Sort of. Yes and no. There has to be a metric to assess researcher's performance. Otherwise we won't know what research is worthwhile. When the rules of the game are known, players will find their way to cheat, or at least bend the rules to their advantage.

So, for example, suppose negative results become as valuable: well, they are easier to produce. They are also less valuable as stepping stones for further research. Given that, you'd still need to have a metric that compares publishing positive results to negative results. Even if you declare them to be equally important, the shared understanding will be that they aren't. And one would be more important than the other. And here were are back to square one.

There are some minor things that can be done in the near future. For example, results produced with code must come with the code that produced these results. A lot of research bodies resist this because they want to commercialize their code, or their code may inadvertently contain organization's secrets and therefore needs more auditing... but, in the end of the day, it needs to be made clear that this is a necessary and unavoidable price to pay.

Data sharing is even more problematic. Beside confidentiality concerns, data is always a bargaining chip in the game of getting collaborators (and grants). Should it be made public, it loses its value to those who collected it. Right now, the trend is: if you managed to collect a worthwhile dataset, then you'll cover yourself foot to head with NDAs, contracts of all kinds etc, and will sit on it, exploiting it for a series of research. And if anyone wants to do research on the same subject, you will only invite them if they bring grants or equipment etc.

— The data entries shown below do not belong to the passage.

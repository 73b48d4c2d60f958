-- ===== src/Demo/MainTests.antt =====
-- Whole programs, each over a TCP connection to a scripted device.
use io4edge_client_c.Base.{
  ℕ, zero, suc, ◌+◌, ◌≡◌, refl, true, Option, none, some, List, [], ◌∷◌, ◌++◌, ◌==◌, if◌then◌else◌,
  length, replicate, arith,
}
use io4edge_client_c.Exec.{Exec, returns, hangs, fault}
use io4edge_client_c.Streamq
use io4edge_client_c.Streamq.{streamq_new}
use io4edge_client_c.Socket.{
  Arrival, select, socket_transport, read_complete, header_len, read_payload, read_frame, read_msg,
  put_header, send_all, write_msg,
}
use io4edge_client_c.Client.{
  command, await, run_thread, thread_step, receive, dispatch, deliver, push_stream, check_response,
  check_status,
}
use io4edge_client_c.Functionblock
use io4edge_client_c.Functionblock.{
  config_response, fc_response, finish, request, order, take_stream,
}
use io4edge_client_c.Blocks.{value_of}
use io4edge_client_c.Blocks.BinaryIoTypeA.{
  InputResponse, single, all, set_output, set_all_outputs, input, all_inputs,
}
use io4edge_client_c.Lifecycle.{
  World, transport_connect, transport_new, with_thread, with_transport, client_new, client_delete,
  destroy, streamq_delete,
}
use io4edge_client_c.Demo.{
  Turn, pure, ◌>>=◌, print, hold, free_value, free_stream_data, when, each, unless_ok, follow,
  take_turn, ask, fetch, tell, read_stream,
}
use io4edge_client_c.Demo.Device.{
  codec, prompt, pushed, frame, frames, grants, device, nothing_held,
}
use io4edge_client_c.Demo.Main.{Finished, run_main, leave}
use io4edge_client_c.Demo.Main.Clean.{IsClean}
use io4edge_client_c.Demo.Can
use io4edge_client_c.Demo.Can.Send.{send_main-IsClean}
use io4edge_client_c.Demo.BinaryIo
use io4edge_client_c.Demo.BinaryIo.Frees.{binary_main-IsClean}

abbrev never : {L : Type 0} → Finished L
never = record {
  ret = 1;
  held = nothing_held;
  last = none;
  left = 0;
  values = 0;
  blocks = 0;
  printed = [];
}

-- How a program that returns ends.
abbrev end : {L : Type 0} → Exec (Finished L) → Finished L
end (returns f) = f
end hangs = never
end fault = never

abbrev can : Can.Generated ℕ
can = record {
  messages = record {
    configuration_set = record { pack = λ c. []; name = [] };
    configuration_get = record { pack = λ c. []; name = [] };
    configuration_get_response = λ bytes. none;
    function_control_set = record { pack = λ f. []; name = [] };
    function_control_get = record { pack = λ c. []; name = [] };
    function_control_get_response = λ bytes. none;
    stream_control_start = record { pack = λ c. []; name = [] };
  };
  stream_data_unpack = λ bytes. none;
  names = record { error_events = []; controller_states = [] };
}

abbrev send_main : Exec (Finished Can.Line)
send_main =
    run_main (device (frames 10 b'B' 1)) (replicate 10 prompt) Can.failed_client
      (Can.send can codec (socket_transport grants) true) nothing_held

sent : send_main ≡ returns (end send_main)
unfolding Can.send Can.send_buckets Can.send_bucket Can.new_frames Can.new_frame Can.free_frame
    run_main leave ◌>>=◌ print hold pure when each unless_ok follow free_value free_stream_data
    take_turn ask fetch tell read_stream request order finish value_of config_response fc_response
    command await run_thread thread_step receive dispatch deliver push_stream check_response
    check_status Functionblock.read_stream take_stream Streamq.push Streamq.pop Streamq.push_store
    Streamq.pop_take Streamq.push_post Streamq.pop_post Streamq.advance_idx Streamq.get_timeout
    Streamq.oldest client_new transport_new transport_connect with_transport with_thread streamq_new
    client_delete destroy streamq_delete write_msg send_all put_header read_msg read_frame
    read_payload read_complete select header_len
sent = refl

sent_well : (end send_main).ret ≡ 0
unfolding Can.send Can.send_buckets Can.send_bucket Can.new_frames Can.new_frame Can.free_frame
    run_main leave ◌>>=◌ print hold pure when each unless_ok follow free_value free_stream_data
    take_turn ask fetch tell read_stream request order finish value_of config_response fc_response
    command await run_thread thread_step receive dispatch deliver push_stream check_response
    check_status Functionblock.read_stream take_stream Streamq.push Streamq.pop Streamq.push_store
    Streamq.pop_take Streamq.push_post Streamq.pop_post Streamq.advance_idx Streamq.get_timeout
    Streamq.oldest client_new transport_new transport_connect with_transport with_thread streamq_new
    client_delete destroy streamq_delete write_msg send_all put_header read_msg read_frame
    read_payload read_complete select header_len
sent_well = refl

send_main-IsClean_example : IsClean nothing_held (end send_main)
send_main-IsClean_example =
    send_main-IsClean can codec grants true (device (frames 10 b'B' 1)) (replicate 10 prompt)
      nothing_held (omega arith) sent sent_well

-- The two kinds of values that the binary I/O block answers with.
abbrev input_response : List ℕ → Option InputResponse
input_response (v ∷ _) = if v == 9 then some (all v) else some (single true)
input_response _ = none

abbrev binary_io : BinaryIo.Generated ℕ
binary_io = record {
  messages = record {
    configuration_set = record { pack = λ c. []; name = [] };
    configuration_get = record { pack = λ c. []; name = [] };
    configuration_get_response = λ bytes. some BinaryIo.config;
    configuration_describe = record { pack = λ c. []; name = [] };
    configuration_describe_response = λ bytes. none;
    function_control_set = record { pack = λ s. []; name = [] };
    function_control_get = record { pack = λ g. []; name = [] };
    function_control_get_response = input_response;
    stream_control_start = record { pack = λ m. []; name = [] };
  };
  stream_data_unpack = λ bytes. some (record { channel = 1; value = true } ∷ []);
}

-- The inputs are asked for in turn, one and all.
abbrev states : (n c : ℕ) → List Arrival
states zero c = []
states (suc n) c = frame c 2 0 ∷ frame (c + 2) 2 9 ∷ states n (c + 4)

-- The second thread sets its output once, before the stream is started.
abbrev meanwhile : ℕ → ℕ
meanwhile zero = 1
meanwhile (suc c) = 0

abbrev binary_device : World
binary_device = device (
    frame 66 3 0
      ∷ frame 68 0 0
      ∷ frame 70 1 0
      ∷ frame 72 1 0
      ∷ frame 74 1 0
      ∷ frame 76 3 0
      ∷ states 10 78
    ++ frames 10 0 4)

abbrev binary_turns : List Turn
binary_turns = replicate 26 prompt ++ replicate 10 pushed

abbrev binary_main : Exec (Finished BinaryIo.Line)
binary_main =
    run_main binary_device binary_turns BinaryIo.failed_client
      (BinaryIo.body binary_io codec (socket_transport grants) meanwhile) nothing_held

toggled : binary_main ≡ returns (end binary_main)
unfolding BinaryIo.body BinaryIo.with_stim BinaryIo.read_loop BinaryIo.take_message
    BinaryIo.input_loop BinaryIo.stim BinaryIo.stim_unless_ok set_output set_all_outputs input
    all_inputs run_main leave ◌>>=◌ print hold pure when each unless_ok follow free_value
    free_stream_data take_turn ask fetch tell read_stream request order finish value_of
    config_response fc_response command await run_thread thread_step receive dispatch deliver
    push_stream check_response check_status Functionblock.read_stream take_stream Streamq.push
    Streamq.pop Streamq.push_store Streamq.pop_take Streamq.push_post Streamq.pop_post
    Streamq.advance_idx Streamq.get_timeout Streamq.oldest client_new transport_new
    transport_connect with_transport with_thread streamq_new client_delete destroy streamq_delete
    write_msg send_all put_header read_msg read_frame read_payload read_complete select header_len
toggled = refl

toggled_well : (end binary_main).ret ≡ 0
unfolding BinaryIo.body BinaryIo.with_stim BinaryIo.read_loop BinaryIo.take_message
    BinaryIo.input_loop BinaryIo.stim BinaryIo.stim_unless_ok set_output set_all_outputs input
    all_inputs run_main leave ◌>>=◌ print hold pure when each unless_ok follow free_value
    free_stream_data take_turn ask fetch tell read_stream request order finish value_of
    config_response fc_response command await run_thread thread_step receive dispatch deliver
    push_stream check_response check_status Functionblock.read_stream take_stream Streamq.push
    Streamq.pop Streamq.push_store Streamq.pop_take Streamq.push_post Streamq.pop_post
    Streamq.advance_idx Streamq.get_timeout Streamq.oldest client_new transport_new
    transport_connect with_transport with_thread streamq_new client_delete destroy streamq_delete
    write_msg send_all put_header read_msg read_frame read_payload read_complete select header_len
toggled_well = refl

-- What the program printed: the configuration, two lines for each pass over the inputs and for each message.
toggled_lines : length (end binary_main).printed ≡ 41
unfolding BinaryIo.body BinaryIo.with_stim BinaryIo.read_loop BinaryIo.take_message
    BinaryIo.input_loop BinaryIo.stim BinaryIo.stim_unless_ok set_output set_all_outputs input
    all_inputs run_main leave ◌>>=◌ print hold pure when each unless_ok follow free_value
    free_stream_data take_turn ask fetch tell read_stream request order finish value_of
    config_response fc_response command await run_thread thread_step receive dispatch deliver
    push_stream check_response check_status Functionblock.read_stream take_stream Streamq.push
    Streamq.pop Streamq.push_store Streamq.pop_take Streamq.push_post Streamq.pop_post
    Streamq.advance_idx Streamq.get_timeout Streamq.oldest client_new transport_new
    transport_connect with_transport with_thread streamq_new client_delete destroy streamq_delete
    write_msg send_all put_header read_msg read_frame read_payload read_complete select header_len
toggled_lines = refl

binary_main-IsClean_example : IsClean nothing_held (end binary_main)
binary_main-IsClean_example =
    binary_main-IsClean binary_io codec grants meanwhile binary_device binary_turns nothing_held
      (omega arith) toggled toggled_well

But you cannot really verify results w/o having the data available. Even if you have the code.

---

It's really sad to see how research is doing wrt' programming in part because of the above, but I don't think the programs outlined in OP will have a noticeable effect. They don't paint a convincing picture in terms of incentives, i.e. they don't answer the question why would researches want to do any of that RepRes and OS training. Even in computationally-heavy research today you often find that all the computation work is outsourced by the researchers and they themselves have no clue what their code is doing.

Above were all sorts of arguments for why the current (or yours) approaches are ineffective. But I don't claim to know what needs to be done.